Go through the entries below. Copy each line in which "WaitInfo" appears.

Collected data entries
▽
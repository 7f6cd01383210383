-- ===== src/WriteOp/Flight/Loops.antt =====
-- The rounds of the probe loop (web/src/lib/api/writeOp.ts).
use mathlib.Core.Path.{subst}
use zte_u60_pro_mu5250_manag.Common.{
  ℕ, ◌-◌, ◌≡◌, ◌≢◌, refl, sym, inl, inr, Bool, true, false, Option, none, some, any, All,
  Bool-cases, ltb, if◌then◌else◌, arith,
}
use zte_u60_pro_mu5250_manag.WriteOp.State.{
  Phase, WaitInfo, ErrorKind, WriteOpState, WriteOpEvent, VerifyFailure, During, is_done,
  is_reading_back,
}
use zte_u60_pro_mu5250_manag.WriteOp.Reducer.{write_op_reducer, was_dropped, mark_down}
use zte_u60_pro_mu5250_manag.WriteOp.Controller.{
  WriteOpConfig, Ctl, Task, Outcome, Loop, Mode, dispatch, alive, in_phase, is_wait, during,
}
use zte_u60_pro_mu5250_manag.WriteOp.Resume.{
  verify_failure, resume_sleep, resume_probe, resume_loop_verify, after_failed_round, loop_recovery,
  must_see_down,
}
use zte_u60_pro_mu5250_manag.WriteOp.StepLists.{IsDone, IsSettled, Settled-Calm}
use zte_u60_pro_mu5250_manag.WriteOp.Flight.Facts.{
  Matches, Sound, Good, LoopFits, ModeFits, Facts-of, Facts-at, Good-as, Good-end, Verifiable-at,
}
use zte_u60_pro_mu5250_manag.WriteOp.Flight.Answers.{
  IsHeld, unheld, verify_result-Good, login_for_verify,
}

mode-in_phase :
    (m : Mode) (k : WriteOpConfig) (s : WriteOpState) → ModeFits m k s → in_phase m s.phase ≡ true
mode-in_phase Mode.wait k s p = ground arith
mode-in_phase Mode.reconfirm k s p = ground arith

mode-reading_back :
    (m : Mode) (k : WriteOpConfig) (s : WriteOpState)
    → ModeFits m k s
    → is_reading_back s.phase ≡ true
mode-reading_back Mode.wait k s p = ground arith
mode-reading_back Mode.reconfirm k s p = ground arith

mode-Settled :
    (m : Mode) (k : WriteOpConfig) (c : Ctl)
    → ModeFits m k c.state
    → Sound c
    → Matches c.cfg c.state.steps × All IsSettled c.state.steps
mode-Settled Mode.wait k c p f =
    let (m, st, _) = Facts-of Phase.wait_device c.state c.cfg p f in (m, st)
mode-Settled Mode.reconfirm k c (p, v, st) f = ((Facts-of Phase.unknown c.state c.cfg p f).0, st)

-- The end of a loop by its time limit.
timed_out-Good :
    (loose : Bool) (m : Mode) (l : Loop) (c : Ctl)
    → ModeFits m l.cfg c.state
    → l.mode ≡ m
    → Sound c
    → Good loose (
      if is_wait l.mode then dispatch c (WriteOpEvent.wait_timeout (loop_recovery l.cfg)) else c,
      none,
    )
unfolding write_op_reducer
timed_out-Good loose Mode.wait l c p e f =
    let (m, _, _) = Facts-of Phase.wait_device c.state c.cfg p f in
    let ended : Ctl × Option Task =
      (dispatch c (WriteOpEvent.wait_timeout (loop_recovery l.cfg)), none) in
    Good-as loose (if is_wait l.mode then ended.0 else c, none) ended (ground arith)
      (Good-end loose c (WriteOpEvent.wait_timeout (loop_recovery l.cfg))
        (record (c.state) { phase = Phase.wait_timeout; recovery = loop_recovery l.cfg })
        (ground arith) m refl)
timed_out-Good loose Mode.reconfirm l c (p, _, _) e f =
    Good-as loose
      (
        if is_wait l.mode then dispatch c (WriteOpEvent.wait_timeout (loop_recovery l.cfg)) else c,
        none,
      )
      (c, none) (ground arith) (f, inr (ground arith))

mark_down-dropped :
    (w : Option WaitInfo) → was_dropped (mark_down w) ≡ false → was_dropped w ≡ false
mark_down-dropped none h = h
mark_down-dropped (some w) h = h

pub resume_sleep-Good :
    (loose : Bool) (l : Loop) (c : Ctl) (now : ℕ)
    → IsHeld loose c
    → l.run_id ≡ c.state.run_id
    → LoopFits l c.state c.cfg
    → Sound c
    → Good loose (resume_sleep l c now)
unfolding resume_sleep
resume_sleep-Good loose l c now h er fits f =
    let result = resume_sleep l c now in
    let inside = mode-in_phase l.mode l.cfg c.state fits.1 in
    elim (Bool-cases (alive c l.run_id)) [
      | inr dead ↦
          Good-as loose result (c, none) (ground arith) (unheld loose c l.run_id h er dead f)
      | inl lives ↦ elim (Bool-cases (ltb l.limit_ms (now - l.started))) [
        | inl late ↦
            Good-as loose result
              (
                if is_wait l.mode
                    then dispatch c (WriteOpEvent.wait_timeout (loop_recovery l.cfg))
                    else c,
                none,
              )
              (ground arith) (timed_out-Good loose l.mode l c fits.1 refl f)
        | inr early ↦
            Good-as loose result (c, some (Task.loop_probing l)) (ground arith) (f, (er, fits))
      ]
    ]

-- A probe that failed: a wait has now seen the device down.
probe_down-Good :
    (loose : Bool) (m : Mode) (l : Loop) (c : Ctl)
    → l.mode ≡ m
    → l.run_id ≡ c.state.run_id
    → c.cfg ≡ some l.cfg
    → ModeFits m l.cfg c.state
    → Sound c
    → Good loose (dispatch c (WriteOpEvent.probe false), some (Task.loop_sleeping l))
unfolding write_op_reducer
probe_down-Good loose Mode.wait l c em er e p f =
    let (m, st, d) = Facts-of Phase.wait_device c.state c.cfg p f in
    let seen : WriteOpState = record (c.state) { wait = mark_down c.state.wait } in
    let kept : was_dropped seen.wait ≡ false → All IsDone c.state.steps =
      λ h. d (mark_down-dropped c.state.wait h) in
    Good-as loose (dispatch c (WriteOpEvent.probe false), some (Task.loop_sleeping l))
      (record c { state = seen }, some (Task.loop_sleeping l)) (ground arith)
      (Facts-at Phase.wait_device seen c.cfg p (m, st, kept), (er, (e, rw em p)))
probe_down-Good loose Mode.reconfirm l c em er e (p, v, st) f =
    Good-as loose (dispatch c (WriteOpEvent.probe false), some (Task.loop_sleeping l))
      (c, some (Task.loop_sleeping l)) (ground arith)
      (f, (er, (e, subst (λ q. ModeFits q l.cfg c.state) (sym em) (p, v, st))))

-- The device is back, and nothing is read back.
back-Good :
    (loose : Bool) (c : Ctl)
    → c.state.phase ≡ Phase.wait_device
    → Sound c
    → Good loose (dispatch c (WriteOpEvent.back false), none)
unfolding write_op_reducer
back-Good loose c p f =
    let (m, st, d) = Facts-of Phase.wait_device c.state c.cfg p f in
    elim (Bool-cases (was_dropped c.state.wait)) [
      | inr answered ↦
          Good-end loose c (WriteOpEvent.back false) (record (c.state) { phase = Phase.accepted })
            (ground arith) (m, d answered) refl
      | inl dropped ↦ elim (Bool-cases (any (λ x. is_done x.status) c.state.steps)) [
        | inl some_done ↦
            Good-end loose c (WriteOpEvent.back false) (record (c.state) { phase = Phase.partial })
              (ground arith) m refl
        | inr none_done ↦
            Good-end loose c (WriteOpEvent.back false) (record (c.state) { phase = Phase.unknown })
              (ground arith) (m, Settled-Calm c.state.steps st) refl
      ]
    ]

-- Only a wait may lack a readback.
waits_blind :
    (m : Mode) (k : WriteOpConfig) (s : WriteOpState)
    → ModeFits m k s
    → k.has_verify ≡ false
    → s.phase ≡ Phase.wait_device
waits_blind Mode.wait k s p v = p
waits_blind Mode.reconfirm k s p v = absurd (ground arith)

during-ne-verify : (m : Mode) → during m ≢ During.verify
during-ne-verify Mode.wait = cc
during-ne-verify Mode.reconfirm = cc

relogin-not_in_phase : (m : Mode) → in_phase m Phase.relogin ≡ false
relogin-not_in_phase Mode.wait = refl
relogin-not_in_phase Mode.reconfirm = refl

abbrev is_unauthorized : ErrorKind → Bool
is_unauthorized ErrorKind.unauthorized = true
is_unauthorized _ = false

pub resume_probe-Good :
    (loose : Bool) (l : Loop) (c : Ctl) (up : Bool)
    → IsHeld loose c
    → l.run_id ≡ c.state.run_id
    → LoopFits l c.state c.cfg
    → Sound c
    → Good loose (resume_probe l c up)
unfolding resume_probe
resume_probe-Good loose l c up h er fits f =
    let result = resume_probe l c up in
    let inside = mode-in_phase l.mode l.cfg c.state fits.1 in
    elim (Bool-cases (alive c l.run_id)) [
      | inr dead ↦
          Good-as loose result (c, none) (ground arith) (unheld loose c l.run_id h er dead f)
      | inl lives ↦ elim (Bool-cases up) [
        | inr down ↦
            Good-as loose result
              (dispatch c (WriteOpEvent.probe false), some (Task.loop_sleeping l)) (ground arith)
              (probe_down-Good loose l.mode l c refl er fits.0 fits.1 f)
        | inl answers ↦ elim (Bool-cases (must_see_down l c)) [
          | inl early ↦
              Good-as loose result (c, some (Task.loop_sleeping l)) (ground arith) (f, (er, fits))
          | inr fine ↦ elim (Bool-cases l.cfg.has_verify) [
            | inl reads ↦
                Good-as loose result (c, some (Task.loop_verifying l)) (ground arith)
                  (f, (er, (fits, reads)))
            | inr blind ↦
                Good-as loose result (dispatch c (WriteOpEvent.back false), none) (ground arith)
                  (back-Good loose c (waits_blind l.mode l.cfg c.state fits.1 blind) f)
          ]
        ]
      ]
    ]

-- A readback of the probe loop that failed.
failed_round-Good :
    (loose : Bool) (l : Loop) (c : Ctl) (e : VerifyFailure)
    → e.during ≢ During.verify
    → l.run_id ≡ c.state.run_id
    → LoopFits l c.state c.cfg
    → l.cfg.has_verify ≡ true
    → Sound c
    → Good loose (after_failed_round l (dispatch c (WriteOpEvent.verify_error e)))
unfolding after_failed_round write_op_reducer
failed_round-Good loose l c e d er fits v f =
    let result = after_failed_round l (dispatch c (WriteOpEvent.verify_error e)) in
    let inside = mode-in_phase l.mode l.cfg c.state fits.1 in
    let reading = mode-reading_back l.mode l.cfg c.state fits.1 in
    let (m, st) = mode-Settled l.mode l.cfg c fits.1 f in
    elim (Bool-cases (is_unauthorized e.kind)) [
      | inl out ↦
          Good-as loose result (record c { state = login_for_verify c.state e }, none)
            (ground (arith, relogin-not_in_phase l.mode))
            ((m, λ _. (st, Verifiable-at c.cfg l.cfg fits.0 v)), inr refl)
      | inr other ↦
          let same : write_op_reducer c.state (WriteOpEvent.verify_error e) ≡ c.state =
            ground arith in
          Good-as loose result (c, some (Task.loop_sleeping l)) (ground (arith, same))
            (f, (er, fits))
    ]

pub resume_loop_verify-Good :
    (loose : Bool) (l : Loop) (c : Ctl) (o : Outcome)
    → IsHeld loose c
    → l.run_id ≡ c.state.run_id
    → LoopFits l c.state c.cfg
    → l.cfg.has_verify ≡ true
    → Sound c
    → Good loose (resume_loop_verify l c o)
unfolding resume_loop_verify
resume_loop_verify-Good loose l c (Outcome.gives v) h er fits hv f =
    let result = resume_loop_verify l c (Outcome.gives v) in
    let (m, st) = mode-Settled l.mode l.cfg c fits.1 f in
    elim (Bool-cases (alive c l.run_id)) [
      | inr dead ↦
          Good-as loose result (c, none) (ground arith) (unheld loose c l.run_id h er dead f)
      | inl lives ↦
          Good-as loose result (dispatch c (WriteOpEvent.verify_result v), none) (ground arith)
            (verify_result-Good loose c v (mode-reading_back l.mode l.cfg c.state fits.1) m st)
    ]
resume_loop_verify-Good loose l c (Outcome.throws e) h er fits hv f =
    let result = resume_loop_verify l c (Outcome.throws e) in
    let failure = verify_failure e (during l.mode) in
    elim (Bool-cases (alive c l.run_id)) [
      | inr dead ↦
          Good-as loose result (c, none) (ground arith) (unheld loose c l.run_id h er dead f)
      | inl lives ↦
          Good-as loose result
            (after_failed_round l (dispatch c (WriteOpEvent.verify_error failure))) (ground arith)
            (failed_round-Good loose l c failure (during-ne-verify l.mode) er fits hv f)
    ]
△
Answer box —
  Phase, WaitInfo, ErrorKind, WriteOpState, WriteOpEvent, VerifyFailure, During, is_done,
    (w : Option WaitInfo) → was_dropped (mark_down w) ≡ false → was_dropped w ≡ false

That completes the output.